------ DATASET RECORDS
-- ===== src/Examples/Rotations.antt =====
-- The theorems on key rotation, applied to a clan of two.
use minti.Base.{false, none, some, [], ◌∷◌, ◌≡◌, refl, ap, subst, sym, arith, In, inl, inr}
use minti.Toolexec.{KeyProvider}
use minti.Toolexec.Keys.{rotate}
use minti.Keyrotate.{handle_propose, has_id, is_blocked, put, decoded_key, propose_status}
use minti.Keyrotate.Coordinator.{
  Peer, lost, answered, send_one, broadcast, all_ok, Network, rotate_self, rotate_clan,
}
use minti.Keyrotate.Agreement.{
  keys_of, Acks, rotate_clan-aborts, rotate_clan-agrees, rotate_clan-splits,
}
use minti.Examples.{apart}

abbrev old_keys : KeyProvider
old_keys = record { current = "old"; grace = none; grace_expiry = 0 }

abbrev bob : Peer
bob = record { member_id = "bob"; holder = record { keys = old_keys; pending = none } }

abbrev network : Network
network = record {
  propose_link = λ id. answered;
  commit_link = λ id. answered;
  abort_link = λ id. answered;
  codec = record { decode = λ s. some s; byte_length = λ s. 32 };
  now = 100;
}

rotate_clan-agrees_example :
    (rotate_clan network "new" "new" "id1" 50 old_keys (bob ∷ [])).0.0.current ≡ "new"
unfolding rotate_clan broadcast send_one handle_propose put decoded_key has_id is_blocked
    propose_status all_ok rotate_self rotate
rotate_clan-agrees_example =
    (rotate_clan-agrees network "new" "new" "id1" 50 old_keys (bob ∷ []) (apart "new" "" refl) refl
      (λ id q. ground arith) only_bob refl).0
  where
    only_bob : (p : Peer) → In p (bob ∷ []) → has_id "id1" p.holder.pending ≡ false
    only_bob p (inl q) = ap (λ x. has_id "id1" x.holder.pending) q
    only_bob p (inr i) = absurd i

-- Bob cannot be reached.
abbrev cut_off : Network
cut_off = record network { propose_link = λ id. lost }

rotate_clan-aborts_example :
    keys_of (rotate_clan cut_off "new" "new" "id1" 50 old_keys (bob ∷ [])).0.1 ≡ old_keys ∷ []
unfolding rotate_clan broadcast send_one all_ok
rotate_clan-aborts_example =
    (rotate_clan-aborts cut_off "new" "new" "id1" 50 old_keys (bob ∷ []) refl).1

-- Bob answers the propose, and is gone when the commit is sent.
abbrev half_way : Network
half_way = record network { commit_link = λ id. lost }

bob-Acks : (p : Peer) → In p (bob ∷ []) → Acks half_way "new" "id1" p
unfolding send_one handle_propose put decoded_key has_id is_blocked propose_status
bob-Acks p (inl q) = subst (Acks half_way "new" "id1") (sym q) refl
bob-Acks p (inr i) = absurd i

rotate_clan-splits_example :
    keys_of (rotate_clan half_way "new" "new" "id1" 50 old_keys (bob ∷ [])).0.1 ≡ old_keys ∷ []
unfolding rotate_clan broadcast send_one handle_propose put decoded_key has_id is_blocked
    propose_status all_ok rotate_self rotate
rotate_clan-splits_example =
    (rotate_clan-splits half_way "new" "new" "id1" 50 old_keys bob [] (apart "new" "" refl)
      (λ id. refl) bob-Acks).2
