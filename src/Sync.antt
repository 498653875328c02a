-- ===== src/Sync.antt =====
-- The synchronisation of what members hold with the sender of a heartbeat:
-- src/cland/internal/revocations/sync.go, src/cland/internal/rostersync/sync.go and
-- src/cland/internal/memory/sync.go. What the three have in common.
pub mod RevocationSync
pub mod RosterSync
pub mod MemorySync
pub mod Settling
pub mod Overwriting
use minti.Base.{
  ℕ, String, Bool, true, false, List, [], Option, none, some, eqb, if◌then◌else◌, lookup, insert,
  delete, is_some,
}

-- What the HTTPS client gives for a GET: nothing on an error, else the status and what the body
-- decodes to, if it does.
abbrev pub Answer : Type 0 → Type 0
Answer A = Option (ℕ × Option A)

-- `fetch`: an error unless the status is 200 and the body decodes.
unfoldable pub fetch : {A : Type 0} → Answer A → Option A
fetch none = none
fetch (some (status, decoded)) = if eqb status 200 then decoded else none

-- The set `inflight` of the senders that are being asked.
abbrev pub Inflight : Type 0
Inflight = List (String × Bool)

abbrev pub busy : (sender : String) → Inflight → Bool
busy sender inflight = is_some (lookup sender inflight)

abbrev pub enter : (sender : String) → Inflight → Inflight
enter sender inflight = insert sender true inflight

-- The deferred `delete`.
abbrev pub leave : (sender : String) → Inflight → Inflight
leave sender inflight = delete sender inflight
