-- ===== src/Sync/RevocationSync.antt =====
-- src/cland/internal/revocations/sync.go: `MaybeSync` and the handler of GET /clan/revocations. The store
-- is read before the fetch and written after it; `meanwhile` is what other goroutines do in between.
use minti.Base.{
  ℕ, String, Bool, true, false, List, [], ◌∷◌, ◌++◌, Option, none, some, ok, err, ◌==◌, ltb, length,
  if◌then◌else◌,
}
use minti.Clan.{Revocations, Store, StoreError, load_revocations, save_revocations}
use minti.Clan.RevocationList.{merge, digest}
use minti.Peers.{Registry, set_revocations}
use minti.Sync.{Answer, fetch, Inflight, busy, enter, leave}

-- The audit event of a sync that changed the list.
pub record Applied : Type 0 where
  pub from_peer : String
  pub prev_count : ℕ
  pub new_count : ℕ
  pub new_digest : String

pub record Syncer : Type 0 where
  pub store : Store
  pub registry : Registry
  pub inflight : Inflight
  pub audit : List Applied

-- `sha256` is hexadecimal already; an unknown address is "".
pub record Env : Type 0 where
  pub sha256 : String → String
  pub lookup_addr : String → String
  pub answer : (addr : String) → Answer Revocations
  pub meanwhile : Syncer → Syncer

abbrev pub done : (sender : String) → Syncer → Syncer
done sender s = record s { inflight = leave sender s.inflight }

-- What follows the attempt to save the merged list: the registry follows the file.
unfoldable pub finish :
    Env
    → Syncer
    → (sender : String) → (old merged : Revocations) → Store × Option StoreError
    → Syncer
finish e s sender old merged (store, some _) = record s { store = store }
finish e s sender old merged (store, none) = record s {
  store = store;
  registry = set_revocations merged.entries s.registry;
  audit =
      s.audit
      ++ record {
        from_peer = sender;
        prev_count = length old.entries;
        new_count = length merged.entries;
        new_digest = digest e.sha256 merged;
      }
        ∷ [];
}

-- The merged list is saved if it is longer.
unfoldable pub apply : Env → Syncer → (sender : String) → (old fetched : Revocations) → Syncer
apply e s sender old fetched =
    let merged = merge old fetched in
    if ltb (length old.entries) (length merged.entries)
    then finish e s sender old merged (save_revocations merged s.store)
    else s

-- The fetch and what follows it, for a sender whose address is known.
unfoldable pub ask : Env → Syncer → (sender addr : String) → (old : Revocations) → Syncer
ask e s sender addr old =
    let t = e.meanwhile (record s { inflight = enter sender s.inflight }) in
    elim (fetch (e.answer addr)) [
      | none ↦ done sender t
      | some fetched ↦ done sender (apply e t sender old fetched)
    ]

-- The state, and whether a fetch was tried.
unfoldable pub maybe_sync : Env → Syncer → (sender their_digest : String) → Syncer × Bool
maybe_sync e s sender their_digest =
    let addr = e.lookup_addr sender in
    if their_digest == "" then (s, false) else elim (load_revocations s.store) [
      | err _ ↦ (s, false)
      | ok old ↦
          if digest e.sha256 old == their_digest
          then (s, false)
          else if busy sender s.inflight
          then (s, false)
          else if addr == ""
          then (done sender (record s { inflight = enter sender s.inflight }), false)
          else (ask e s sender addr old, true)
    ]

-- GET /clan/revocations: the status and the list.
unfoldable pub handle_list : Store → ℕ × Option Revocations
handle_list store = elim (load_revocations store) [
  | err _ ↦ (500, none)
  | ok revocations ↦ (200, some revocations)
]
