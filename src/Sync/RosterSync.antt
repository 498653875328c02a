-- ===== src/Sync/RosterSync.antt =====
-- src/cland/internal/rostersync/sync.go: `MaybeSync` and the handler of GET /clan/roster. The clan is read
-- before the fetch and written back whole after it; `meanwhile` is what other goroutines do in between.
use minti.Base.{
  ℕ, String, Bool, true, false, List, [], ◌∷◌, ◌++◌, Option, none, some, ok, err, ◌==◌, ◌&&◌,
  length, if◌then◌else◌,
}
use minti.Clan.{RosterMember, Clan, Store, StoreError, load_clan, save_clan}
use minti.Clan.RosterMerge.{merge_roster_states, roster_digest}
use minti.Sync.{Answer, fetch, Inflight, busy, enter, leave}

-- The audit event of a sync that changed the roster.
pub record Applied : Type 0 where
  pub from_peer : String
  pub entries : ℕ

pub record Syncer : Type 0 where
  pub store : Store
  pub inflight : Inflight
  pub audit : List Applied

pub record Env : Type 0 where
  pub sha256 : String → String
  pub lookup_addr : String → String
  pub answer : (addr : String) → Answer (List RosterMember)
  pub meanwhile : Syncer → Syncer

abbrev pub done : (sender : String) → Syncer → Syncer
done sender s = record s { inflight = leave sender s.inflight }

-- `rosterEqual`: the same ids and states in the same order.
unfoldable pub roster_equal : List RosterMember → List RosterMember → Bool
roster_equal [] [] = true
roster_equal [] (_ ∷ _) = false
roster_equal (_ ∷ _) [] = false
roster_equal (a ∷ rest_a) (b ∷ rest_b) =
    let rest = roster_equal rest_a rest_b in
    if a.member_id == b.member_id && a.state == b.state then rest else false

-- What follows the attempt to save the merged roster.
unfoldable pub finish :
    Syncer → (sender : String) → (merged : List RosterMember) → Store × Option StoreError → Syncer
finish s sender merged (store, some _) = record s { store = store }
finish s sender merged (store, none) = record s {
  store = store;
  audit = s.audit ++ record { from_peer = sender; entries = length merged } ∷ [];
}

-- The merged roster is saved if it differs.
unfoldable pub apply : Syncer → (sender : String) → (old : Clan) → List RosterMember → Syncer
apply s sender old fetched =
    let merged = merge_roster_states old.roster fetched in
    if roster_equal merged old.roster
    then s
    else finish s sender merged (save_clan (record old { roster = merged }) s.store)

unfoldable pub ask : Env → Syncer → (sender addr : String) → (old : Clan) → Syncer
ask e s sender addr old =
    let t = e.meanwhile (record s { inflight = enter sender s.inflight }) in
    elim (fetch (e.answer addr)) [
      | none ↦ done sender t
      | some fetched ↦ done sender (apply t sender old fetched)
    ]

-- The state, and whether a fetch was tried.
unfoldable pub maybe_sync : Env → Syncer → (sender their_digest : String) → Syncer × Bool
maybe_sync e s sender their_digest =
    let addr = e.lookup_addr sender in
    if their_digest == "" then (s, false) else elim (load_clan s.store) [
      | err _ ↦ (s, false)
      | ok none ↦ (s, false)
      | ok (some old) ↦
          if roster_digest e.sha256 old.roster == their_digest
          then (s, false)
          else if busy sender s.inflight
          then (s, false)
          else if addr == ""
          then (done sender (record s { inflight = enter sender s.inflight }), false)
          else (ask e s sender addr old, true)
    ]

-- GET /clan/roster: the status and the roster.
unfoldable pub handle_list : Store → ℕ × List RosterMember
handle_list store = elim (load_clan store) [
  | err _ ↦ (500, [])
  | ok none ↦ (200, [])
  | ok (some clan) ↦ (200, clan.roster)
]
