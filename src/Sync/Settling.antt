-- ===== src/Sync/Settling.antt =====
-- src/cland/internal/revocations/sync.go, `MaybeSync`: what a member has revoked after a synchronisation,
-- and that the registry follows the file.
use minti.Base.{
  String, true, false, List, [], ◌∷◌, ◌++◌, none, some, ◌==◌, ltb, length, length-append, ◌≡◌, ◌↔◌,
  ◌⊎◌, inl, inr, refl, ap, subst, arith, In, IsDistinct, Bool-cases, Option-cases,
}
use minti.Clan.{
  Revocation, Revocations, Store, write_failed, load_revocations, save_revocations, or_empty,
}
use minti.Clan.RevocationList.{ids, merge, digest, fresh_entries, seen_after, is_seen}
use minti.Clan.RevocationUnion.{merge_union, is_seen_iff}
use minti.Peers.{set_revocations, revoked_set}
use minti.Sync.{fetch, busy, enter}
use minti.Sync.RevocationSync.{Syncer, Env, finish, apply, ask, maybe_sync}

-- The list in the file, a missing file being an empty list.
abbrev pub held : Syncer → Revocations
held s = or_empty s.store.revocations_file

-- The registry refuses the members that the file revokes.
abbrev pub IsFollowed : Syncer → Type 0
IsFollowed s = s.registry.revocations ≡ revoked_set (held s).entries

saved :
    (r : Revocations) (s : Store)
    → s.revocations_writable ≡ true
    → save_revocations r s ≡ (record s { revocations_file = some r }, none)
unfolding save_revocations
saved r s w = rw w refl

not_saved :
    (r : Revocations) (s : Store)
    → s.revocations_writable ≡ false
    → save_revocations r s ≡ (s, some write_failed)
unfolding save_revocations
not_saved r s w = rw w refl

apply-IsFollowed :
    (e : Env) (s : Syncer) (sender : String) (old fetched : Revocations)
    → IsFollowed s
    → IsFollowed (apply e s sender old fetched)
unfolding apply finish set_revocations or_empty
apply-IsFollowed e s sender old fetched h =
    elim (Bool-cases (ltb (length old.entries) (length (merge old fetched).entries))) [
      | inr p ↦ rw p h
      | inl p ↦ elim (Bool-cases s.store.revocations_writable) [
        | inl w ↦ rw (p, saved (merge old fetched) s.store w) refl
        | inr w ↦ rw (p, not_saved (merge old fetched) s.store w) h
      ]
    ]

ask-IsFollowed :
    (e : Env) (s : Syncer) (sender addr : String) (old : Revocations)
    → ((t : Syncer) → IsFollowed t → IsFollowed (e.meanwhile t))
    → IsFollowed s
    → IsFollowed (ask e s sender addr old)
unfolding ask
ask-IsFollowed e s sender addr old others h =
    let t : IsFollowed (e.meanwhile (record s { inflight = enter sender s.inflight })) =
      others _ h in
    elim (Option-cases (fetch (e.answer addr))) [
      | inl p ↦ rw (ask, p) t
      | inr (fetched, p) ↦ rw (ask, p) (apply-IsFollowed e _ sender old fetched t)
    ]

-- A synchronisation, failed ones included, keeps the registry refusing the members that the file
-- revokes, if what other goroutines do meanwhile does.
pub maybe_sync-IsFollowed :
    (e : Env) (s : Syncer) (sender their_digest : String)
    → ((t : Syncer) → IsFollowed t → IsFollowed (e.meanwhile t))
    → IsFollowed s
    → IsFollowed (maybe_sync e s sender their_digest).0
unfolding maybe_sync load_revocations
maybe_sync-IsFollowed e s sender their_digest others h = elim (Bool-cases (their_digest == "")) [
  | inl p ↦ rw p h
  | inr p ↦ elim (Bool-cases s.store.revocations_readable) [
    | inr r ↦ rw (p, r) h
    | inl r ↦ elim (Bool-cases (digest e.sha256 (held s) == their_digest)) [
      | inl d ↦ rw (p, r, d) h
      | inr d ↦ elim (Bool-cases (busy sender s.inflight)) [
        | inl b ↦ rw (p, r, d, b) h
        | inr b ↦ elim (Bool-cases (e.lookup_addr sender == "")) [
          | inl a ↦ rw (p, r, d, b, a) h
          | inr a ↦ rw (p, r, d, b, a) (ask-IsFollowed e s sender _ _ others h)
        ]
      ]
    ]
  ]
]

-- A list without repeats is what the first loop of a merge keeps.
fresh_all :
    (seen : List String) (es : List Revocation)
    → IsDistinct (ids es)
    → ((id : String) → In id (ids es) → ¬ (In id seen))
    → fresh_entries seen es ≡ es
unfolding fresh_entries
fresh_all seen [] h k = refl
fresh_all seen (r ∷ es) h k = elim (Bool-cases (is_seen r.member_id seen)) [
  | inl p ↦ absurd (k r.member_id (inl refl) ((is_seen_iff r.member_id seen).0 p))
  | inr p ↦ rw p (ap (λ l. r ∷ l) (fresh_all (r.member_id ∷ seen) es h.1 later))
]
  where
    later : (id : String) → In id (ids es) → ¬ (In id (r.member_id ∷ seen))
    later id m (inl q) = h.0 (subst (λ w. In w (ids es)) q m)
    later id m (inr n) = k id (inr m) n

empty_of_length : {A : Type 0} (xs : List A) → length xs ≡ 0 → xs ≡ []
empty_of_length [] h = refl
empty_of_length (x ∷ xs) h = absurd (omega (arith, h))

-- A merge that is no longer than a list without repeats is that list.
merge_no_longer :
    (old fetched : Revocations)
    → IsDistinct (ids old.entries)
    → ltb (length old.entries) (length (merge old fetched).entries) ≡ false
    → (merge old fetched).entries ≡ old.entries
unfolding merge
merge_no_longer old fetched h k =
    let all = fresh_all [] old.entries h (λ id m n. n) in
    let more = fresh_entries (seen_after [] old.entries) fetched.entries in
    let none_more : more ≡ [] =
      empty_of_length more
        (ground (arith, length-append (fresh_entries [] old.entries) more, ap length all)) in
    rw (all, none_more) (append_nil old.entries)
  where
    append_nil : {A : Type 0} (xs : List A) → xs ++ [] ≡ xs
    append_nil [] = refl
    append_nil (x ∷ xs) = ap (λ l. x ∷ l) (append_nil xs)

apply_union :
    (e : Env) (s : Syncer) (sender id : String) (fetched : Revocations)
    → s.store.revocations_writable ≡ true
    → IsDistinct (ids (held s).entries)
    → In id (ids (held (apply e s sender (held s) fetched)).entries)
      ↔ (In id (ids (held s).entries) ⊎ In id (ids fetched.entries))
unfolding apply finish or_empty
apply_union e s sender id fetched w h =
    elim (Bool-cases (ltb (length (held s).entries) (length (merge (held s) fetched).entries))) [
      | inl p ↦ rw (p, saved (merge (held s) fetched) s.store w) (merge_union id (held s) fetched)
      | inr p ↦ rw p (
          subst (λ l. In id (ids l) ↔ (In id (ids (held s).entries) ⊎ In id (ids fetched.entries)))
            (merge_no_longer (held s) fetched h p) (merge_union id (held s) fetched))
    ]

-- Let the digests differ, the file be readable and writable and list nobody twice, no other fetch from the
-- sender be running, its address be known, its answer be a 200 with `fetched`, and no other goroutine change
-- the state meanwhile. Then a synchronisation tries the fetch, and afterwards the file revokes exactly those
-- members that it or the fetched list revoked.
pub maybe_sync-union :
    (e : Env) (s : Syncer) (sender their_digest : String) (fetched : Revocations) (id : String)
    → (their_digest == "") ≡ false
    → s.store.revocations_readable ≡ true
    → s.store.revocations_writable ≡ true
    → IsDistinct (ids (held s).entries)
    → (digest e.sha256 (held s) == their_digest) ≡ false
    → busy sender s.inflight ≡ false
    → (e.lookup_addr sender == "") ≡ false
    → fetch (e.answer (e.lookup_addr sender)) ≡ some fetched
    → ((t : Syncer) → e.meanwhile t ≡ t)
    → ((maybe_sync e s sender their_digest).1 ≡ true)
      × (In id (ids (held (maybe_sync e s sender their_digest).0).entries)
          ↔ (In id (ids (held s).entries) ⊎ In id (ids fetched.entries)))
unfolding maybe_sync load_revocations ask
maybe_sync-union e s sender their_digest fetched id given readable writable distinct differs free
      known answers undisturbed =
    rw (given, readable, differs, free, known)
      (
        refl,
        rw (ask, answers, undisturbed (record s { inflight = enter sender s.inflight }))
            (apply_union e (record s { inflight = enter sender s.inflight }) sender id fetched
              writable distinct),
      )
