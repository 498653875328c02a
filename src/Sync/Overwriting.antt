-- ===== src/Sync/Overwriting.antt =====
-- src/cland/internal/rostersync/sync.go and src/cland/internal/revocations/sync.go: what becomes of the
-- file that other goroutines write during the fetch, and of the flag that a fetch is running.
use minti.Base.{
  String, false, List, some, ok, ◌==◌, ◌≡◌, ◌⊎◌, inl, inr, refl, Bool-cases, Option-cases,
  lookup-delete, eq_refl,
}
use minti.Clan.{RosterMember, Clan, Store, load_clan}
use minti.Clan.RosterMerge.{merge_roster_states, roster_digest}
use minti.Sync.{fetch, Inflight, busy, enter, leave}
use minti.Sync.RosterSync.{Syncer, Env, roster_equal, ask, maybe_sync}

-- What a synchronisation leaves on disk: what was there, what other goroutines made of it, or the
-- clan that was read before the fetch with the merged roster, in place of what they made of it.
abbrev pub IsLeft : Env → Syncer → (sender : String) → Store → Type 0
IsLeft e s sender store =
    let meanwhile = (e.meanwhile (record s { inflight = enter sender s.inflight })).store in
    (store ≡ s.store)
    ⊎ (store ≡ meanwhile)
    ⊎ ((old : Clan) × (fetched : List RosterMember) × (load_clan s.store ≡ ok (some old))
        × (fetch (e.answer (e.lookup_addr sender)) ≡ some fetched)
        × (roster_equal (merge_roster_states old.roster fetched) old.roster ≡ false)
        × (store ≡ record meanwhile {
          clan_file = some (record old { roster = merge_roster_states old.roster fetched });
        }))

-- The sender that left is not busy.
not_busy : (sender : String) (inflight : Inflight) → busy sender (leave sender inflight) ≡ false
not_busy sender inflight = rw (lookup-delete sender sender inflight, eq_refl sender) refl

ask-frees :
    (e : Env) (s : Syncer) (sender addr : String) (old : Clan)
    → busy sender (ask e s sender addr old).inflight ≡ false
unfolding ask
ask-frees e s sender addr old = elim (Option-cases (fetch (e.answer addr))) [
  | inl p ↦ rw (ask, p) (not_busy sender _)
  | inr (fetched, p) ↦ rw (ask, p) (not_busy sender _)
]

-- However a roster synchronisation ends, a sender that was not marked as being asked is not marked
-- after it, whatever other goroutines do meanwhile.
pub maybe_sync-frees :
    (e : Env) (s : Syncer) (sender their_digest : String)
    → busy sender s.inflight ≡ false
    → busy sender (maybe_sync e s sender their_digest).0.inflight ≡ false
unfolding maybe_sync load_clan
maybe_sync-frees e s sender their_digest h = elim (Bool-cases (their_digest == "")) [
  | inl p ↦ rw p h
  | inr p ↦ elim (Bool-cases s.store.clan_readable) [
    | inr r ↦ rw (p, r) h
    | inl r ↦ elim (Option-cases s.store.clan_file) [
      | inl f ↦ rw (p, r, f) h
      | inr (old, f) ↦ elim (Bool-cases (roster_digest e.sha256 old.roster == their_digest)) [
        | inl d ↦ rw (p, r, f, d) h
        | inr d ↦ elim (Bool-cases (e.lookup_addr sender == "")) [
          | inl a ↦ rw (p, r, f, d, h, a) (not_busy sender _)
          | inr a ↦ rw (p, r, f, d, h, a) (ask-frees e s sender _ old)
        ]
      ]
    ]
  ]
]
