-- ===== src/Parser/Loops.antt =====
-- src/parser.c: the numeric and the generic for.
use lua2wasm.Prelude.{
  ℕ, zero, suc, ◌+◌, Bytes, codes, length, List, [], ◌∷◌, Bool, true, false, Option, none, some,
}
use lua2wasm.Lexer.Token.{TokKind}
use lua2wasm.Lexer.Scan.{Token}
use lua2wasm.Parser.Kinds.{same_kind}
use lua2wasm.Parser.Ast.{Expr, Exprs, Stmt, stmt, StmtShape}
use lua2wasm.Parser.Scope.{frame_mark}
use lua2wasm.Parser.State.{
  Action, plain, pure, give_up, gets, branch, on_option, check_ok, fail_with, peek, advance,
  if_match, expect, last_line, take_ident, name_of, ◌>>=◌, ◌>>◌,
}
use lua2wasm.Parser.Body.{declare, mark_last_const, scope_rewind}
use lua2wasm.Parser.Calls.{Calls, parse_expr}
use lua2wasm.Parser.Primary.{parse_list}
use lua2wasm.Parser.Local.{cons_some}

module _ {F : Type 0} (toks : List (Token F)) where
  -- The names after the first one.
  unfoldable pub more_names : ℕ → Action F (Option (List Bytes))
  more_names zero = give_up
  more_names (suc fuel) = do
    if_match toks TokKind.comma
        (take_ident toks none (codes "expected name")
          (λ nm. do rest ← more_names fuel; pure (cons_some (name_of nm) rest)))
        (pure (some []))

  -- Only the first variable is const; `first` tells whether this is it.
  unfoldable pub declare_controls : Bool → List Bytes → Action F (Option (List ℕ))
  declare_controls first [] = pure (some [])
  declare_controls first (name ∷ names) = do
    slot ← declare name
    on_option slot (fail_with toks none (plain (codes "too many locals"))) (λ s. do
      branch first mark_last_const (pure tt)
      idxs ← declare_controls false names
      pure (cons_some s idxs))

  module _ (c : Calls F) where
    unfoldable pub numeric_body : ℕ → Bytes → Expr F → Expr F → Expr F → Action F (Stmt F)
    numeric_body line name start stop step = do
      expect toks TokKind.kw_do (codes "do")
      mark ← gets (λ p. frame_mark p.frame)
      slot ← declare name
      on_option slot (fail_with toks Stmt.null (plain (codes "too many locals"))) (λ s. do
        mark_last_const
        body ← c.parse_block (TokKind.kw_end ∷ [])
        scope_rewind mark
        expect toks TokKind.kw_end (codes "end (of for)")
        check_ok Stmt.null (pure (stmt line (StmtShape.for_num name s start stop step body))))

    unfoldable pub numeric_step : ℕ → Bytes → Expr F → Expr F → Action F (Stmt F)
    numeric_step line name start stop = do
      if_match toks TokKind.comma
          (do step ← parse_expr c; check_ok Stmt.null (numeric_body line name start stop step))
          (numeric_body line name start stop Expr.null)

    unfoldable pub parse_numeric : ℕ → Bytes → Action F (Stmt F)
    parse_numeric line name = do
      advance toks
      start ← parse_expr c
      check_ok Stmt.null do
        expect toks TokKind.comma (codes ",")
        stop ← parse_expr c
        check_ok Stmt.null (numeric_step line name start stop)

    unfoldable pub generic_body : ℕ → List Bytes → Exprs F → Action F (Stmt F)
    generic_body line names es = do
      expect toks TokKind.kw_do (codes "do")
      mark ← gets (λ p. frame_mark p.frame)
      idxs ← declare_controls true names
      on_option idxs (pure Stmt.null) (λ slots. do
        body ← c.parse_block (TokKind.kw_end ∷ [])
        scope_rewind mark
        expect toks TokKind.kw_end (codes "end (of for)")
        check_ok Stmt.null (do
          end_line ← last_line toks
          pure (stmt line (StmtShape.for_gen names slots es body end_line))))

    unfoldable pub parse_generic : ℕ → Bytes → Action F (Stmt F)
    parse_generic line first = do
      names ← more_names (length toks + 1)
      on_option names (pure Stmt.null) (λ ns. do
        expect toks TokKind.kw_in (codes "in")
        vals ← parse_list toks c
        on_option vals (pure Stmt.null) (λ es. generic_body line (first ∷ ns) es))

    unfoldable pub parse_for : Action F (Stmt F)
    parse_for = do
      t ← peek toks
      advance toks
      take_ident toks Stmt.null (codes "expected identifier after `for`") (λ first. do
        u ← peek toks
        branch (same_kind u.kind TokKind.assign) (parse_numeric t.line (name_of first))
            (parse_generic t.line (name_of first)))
------------
▶ TASK GOAL
Reproduce each line of the material that mentions "attempt".

▶ EXERCISE SOLUTION
-- What follows the attempt to save the merged list: the registry follows the file.
-- What follows the attempt to save the merged roster.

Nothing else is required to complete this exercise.